*Saved data entries*:
┌──
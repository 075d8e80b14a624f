-- ===== src/Users/Channels.antt =====
-- A change of a profile and the channels of contact.
use gp_connect_server.Common.{
  ℕ, ◌≡◌, refl, sym, ◌∙◌, ◌≢◌, inl, inr, ◌⊎◌, Bool, true, false, none, subst, Option-cases,
  is_some_of_iff, some, String, arith, Bool-cases, nat_beq_iff, string_eq, ◌==◌, nat_eq,
}
use gp_connect_server.Schema.{
  User, VerificationToken, VerificationTokenType, verification_token_type_eq,
}
use gp_connect_server.Prisma.{Prisma, World, row-kept, unused_id}
use gp_connect_server.Handler.{ok, is_ok, Result-cases}
use gp_connect_server.Proofs.{Bcrypt, Otp}
use gp_connect_server.Verification.{token_of, get_otp_payload, verify_otp_token, new_otp_token}
use gp_connect_server.Verification.Otp.{verify_otp_token-ok, get_otp_payload-ok}
use gp_connect_server.Users.Service.{
  UpdateUserDto, LinkDraw, with_changes, same_number, taken_by_other, update_by_id,
}
use gp_connect_server.Users.Profile.{update_by_id-IsUpdated}

-- The row after a change of a profile, as far as the channels go.
pub record KeepsChannels (d : UpdateUserDto) (u u' : User) : Type 0 where
  pub same_address : u'.email ≡ u.email
  pub new_number :
      (p : String)
      → d.phone ≡ some p
      → u.phone ≢ some p
      → (u'.phone ≡ some p) × (u'.phone_verified_at ≡ none)
  pub new_address :
      (e : String) → d.email ≡ some e → u.email ≢ e → e ≢ "" → u'.pending_email ≡ some e

number_differs : (u : User) (p : String) → u.phone ≢ some p → same_number (some u) p ≡ false
number_differs u p n = elim (Bool-cases (same_number (some u) p)) [
  | inl y ↦ absurd (n ((is_some_of_iff u.phone p).0 y))
  | inr f ↦ f
]

text_differs : (a b : String) → a ≢ b → a == b ≡ false
text_differs a b n = elim (Bool-cases (a == b)) [
  | inl y ↦ absurd (n ((string_eq.beq_iff a b).0 y))
  | inr f ↦ f
]

-- Compared without case, no account has the address, or the own address of the user is a variant of
-- it.
abbrev pub Unclaimed : (P : Prisma) → (String → String → Bool) → ℕ → String → World P → Type 0
Unclaimed P insensitive id e w =
    ((u : User) × (P.user.find_unique id w.users ≡ some u) × (insensitive u.email e ≡ true))
    ⊎ ((k : ℕ) (b : User) → P.user.find_unique k w.users ≡ some b → insensitive b.email e ≡ false)

taken_by_other-Unclaimed :
    (P : Prisma) (insensitive : String → String → Bool) (id : ℕ) (e : String) (w : World P)
    → taken_by_other id (P.user.find_first (λ u. insensitive u.email e) w.users) ≡ false
    → Unclaimed P insensitive id e w
taken_by_other-Unclaimed P insensitive id e w free =
    elim (Option-cases (P.user.find_first (λ u. insensitive u.email e) w.users)) [
      | inl z ↦ inr (λ k b g. P.user.find_first-none (λ u. insensitive u.email e) w.users k b z g)
      | inr (u, f) ↦
          let (variant, there) = P.user.find_first-some (λ u. insensitive u.email e) w.users u f in
          let mine : u.id ≡ id = ground (arith, nat_beq_iff u.id id) in
          inl (u, subst (λ k. P.user.find_unique k w.users ≡ some u) mine there, variant)
    ]

-- After a purge and an insertion the inserted code is the only one of its user.
issued_code :
    (P : Prisma) (id : ℕ) (table : P.verification_token.Table) (new t : VerificationToken)
    → let left = P.verification_token.delete_many (token_of id VerificationTokenType.phone) table in
      P.verification_token.find_unique new.id left ≡ none
      → P.verification_token.find_unique t.id (P.verification_token.insert new left) ≡ some t
      → t.user_id ≡ id
      → t.type ≡ VerificationTokenType.phone
      → t ≡ new
issued_code P id table new t free f mine same =
    let of_user = token_of id VerificationTokenType.phone in
    let left = P.verification_token.delete_many of_user table in
    elim (Bool-cases (t.id == new.id)) [
      | inl y ↦
          let there = P.verification_token.find_unique-insert_self new left free in
          ground (arith, nat_beq_iff t.id new.id)
      | inr n ↦
          let ne : t.id ≢ new.id = ground (arith, nat_beq_iff t.id new.id) in
          let f' = sym (P.verification_token.find_unique-insert_ne t.id new left ne) ∙ f in
          let (_, other) = row-kept P.verification_token t.id of_user table t f' in
          absurd (ground (arith, nat_beq_iff t.user_id id))
    ]

module _ {P : Prisma} where
  -- A change of a profile that succeeds leaves the active address as it is. A new address waits as
  -- pending; compared without case, no account has it, or the user's own address is a variant of it.
  -- A new number is stored unverified, and no other account changes.
  pub update_by_id-KeepsChannels :
      (insensitive : String → String → Bool) (hash digest : String → String) (l : LinkDraw) (id : ℕ)
      (d : UpdateUserDto) (w : World P) {r : User}
      → (update_by_id insensitive hash digest l id d w).0 ≡ ok r
      → let w' = (update_by_id insensitive hash digest l id d w).1 in
        ((u u' : User) × (P.user.find_unique id w.users ≡ some u)
          × (P.user.find_unique id w'.users ≡ some u')
          × KeepsChannels d u u')
        × ((e : String)
            → d.email ≡ some e
            → ((u : User) → P.user.find_unique id w.users ≡ some u → u.email ≢ e)
            → Unclaimed P insensitive id e w)
        × ((j : ℕ) → j ≢ id → P.user.find_unique j w'.users ≡ P.user.find_unique j w.users)
  update_by_id-KeepsChannels insensitive hash digest l id d w h =
      let r = update_by_id-IsUpdated insensitive hash digest l id d w h in
      let resets = r.resets in
      let pending = r.pending in
      (
        (
          r.user,
          with_changes hash d r.changes r.user,
          r.found,
          r.stored,
          record {
            same_address = refl;
            new_number = λ p e n.
                let known = rw e at resets in
                let other = number_differs r.user p n in (ground arith, ground arith);
            new_address = λ a e n t.
                let other = text_differs r.user.email a n in
                let some_text = text_differs a "" t in
                elim (rw e at pending) [
                  | inl (y, _) ↦ absurd (ground arith)
                  | inr (_, goes, _) ↦ ground arith
                ];
          },
        ),
        λ a e n. elim (rw e at pending) [
          | inl (y, _) ↦
              let other = text_differs r.user.email a (n r.user r.found) in absurd (ground arith)
          | inr (_, _, free) ↦ taken_by_other-Unclaimed P insensitive id a w free
        ],
        r.others,
      )

  -- A number that replaces another one: a code that went to the old number is refused, whatever code
  -- the user enters.
  pub update_by_id-stale_code :
      (otp : Otp) (new_id id : ℕ) (w : World P) (u : User) (old p : String)
      (insensitive : String → String → Bool) (hash digest : String → String) (l : LinkDraw)
      (d : UpdateUserDto) (b : Bcrypt) (now : ℕ) (code : String) {r : User}
      → (get_otp_payload otp new_id id VerificationTokenType.phone w).0 ≡ ok u
      → u.phone ≡ some old
      → old == "" ≡ false
      → d.phone ≡ some p
      → old == p ≡ false
      → let w1 = (get_otp_payload otp new_id id VerificationTokenType.phone w).1 in
        (update_by_id insensitive hash digest l id d w1).0 ≡ ok r
        → let w2 = (update_by_id insensitive hash digest l id d w1).1 in
          is_ok (verify_otp_token b now id code VerificationTokenType.phone w2).0 ≡ false
  update_by_id-stale_code otp new_id id w u old p insensitive hash digest l d b now code sent had
        some_old new differs h =
      let w1 = (get_otp_payload otp new_id id VerificationTokenType.phone w).1 in
      let w2 = (update_by_id insensitive hash digest l id d w1).1 in
      elim (Result-cases (verify_otp_token b now id code VerificationTokenType.phone w2).0) [
        | inr (x, e) ↦ ground arith
        | inl (r, e) ↦
            let proved = (verify_otp_token-ok b now id code VerificationTokenType.phone w2 e).0 in
            let c = update_by_id-IsUpdated insensitive hash digest l id d w1 h in
            let (f, z, run) = get_otp_payload-ok otp new_id id VerificationTokenType.phone w sent in
            let t = proved.token in
            let of_user = token_of id VerificationTokenType.phone in
            let left = P.verification_token.delete_many of_user w.tokens in
            let there = rw run at (c.codes t.id t proved.found proved.same_type) in
            let only =
              issued_code P id w.tokens (new_otp_token new_id id otp VerificationTokenType.phone u)
                t (unused_id P.verification_token new_id left z) there proved.mine
                proved.same_type in
            let addressed = rw (c.stored, new) at proved.addressed in
            let sent_to : t.identifier ≡ some old = ground arith in
            elim (rw sent_to at addressed) [
              | inl bad ↦ absurd (ground arith)
              | inr (inl bad) ↦ absurd (ground (arith, string_eq.beq_iff old ""))
              | inr (inr bad) ↦ absurd (ground (arith, string_eq.beq_iff old p))
            ]
      ]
└──
*What you have to do*: Write down exactly the span of lines above from the one containing "number_differs : (u" to the one containing "elim (Option-cases (P.user.find_first", both ends included.

*Exercise result*:
number_differs : (u : User) (p : String) → u.phone ≢ some p → same_number (some u) p ≡ false
number_differs u p n = elim (Bool-cases (same_number (some u) p)) [
  | inl y ↦ absurd (n ((is_some_of_iff u.phone p).0 y))
  | inr f ↦ f
]

text_differs : (a b : String) → a ≢ b → a == b ≡ false
text_differs a b n = elim (Bool-cases (a == b)) [
  | inl y ↦ absurd (n ((string_eq.beq_iff a b).0 y))
  | inr f ↦ f
]

-- Compared without case, no account has the address, or the own address of the user is a variant of
-- it.
abbrev pub Unclaimed : (P : Prisma) → (String → String → Bool) → ℕ → String → World P → Type 0
Unclaimed P insensitive id e w =
    ((u : User) × (P.user.find_unique id w.users ≡ some u) × (insensitive u.email e ≡ true))
    ⊎ ((k : ℕ) (b : User) → P.user.find_unique k w.users ≡ some b → insensitive b.email e ≡ false)

taken_by_other-Unclaimed :
    (P : Prisma) (insensitive : String → String → Bool) (id : ℕ) (e : String) (w : World P)
    → taken_by_other id (P.user.find_first (λ u. insensitive u.email e) w.users) ≡ false
    → Unclaimed P insensitive id e w
taken_by_other-Unclaimed P insensitive id e w free =
    elim (Option-cases (P.user.find_first (λ u. insensitive u.email e) w.users)) [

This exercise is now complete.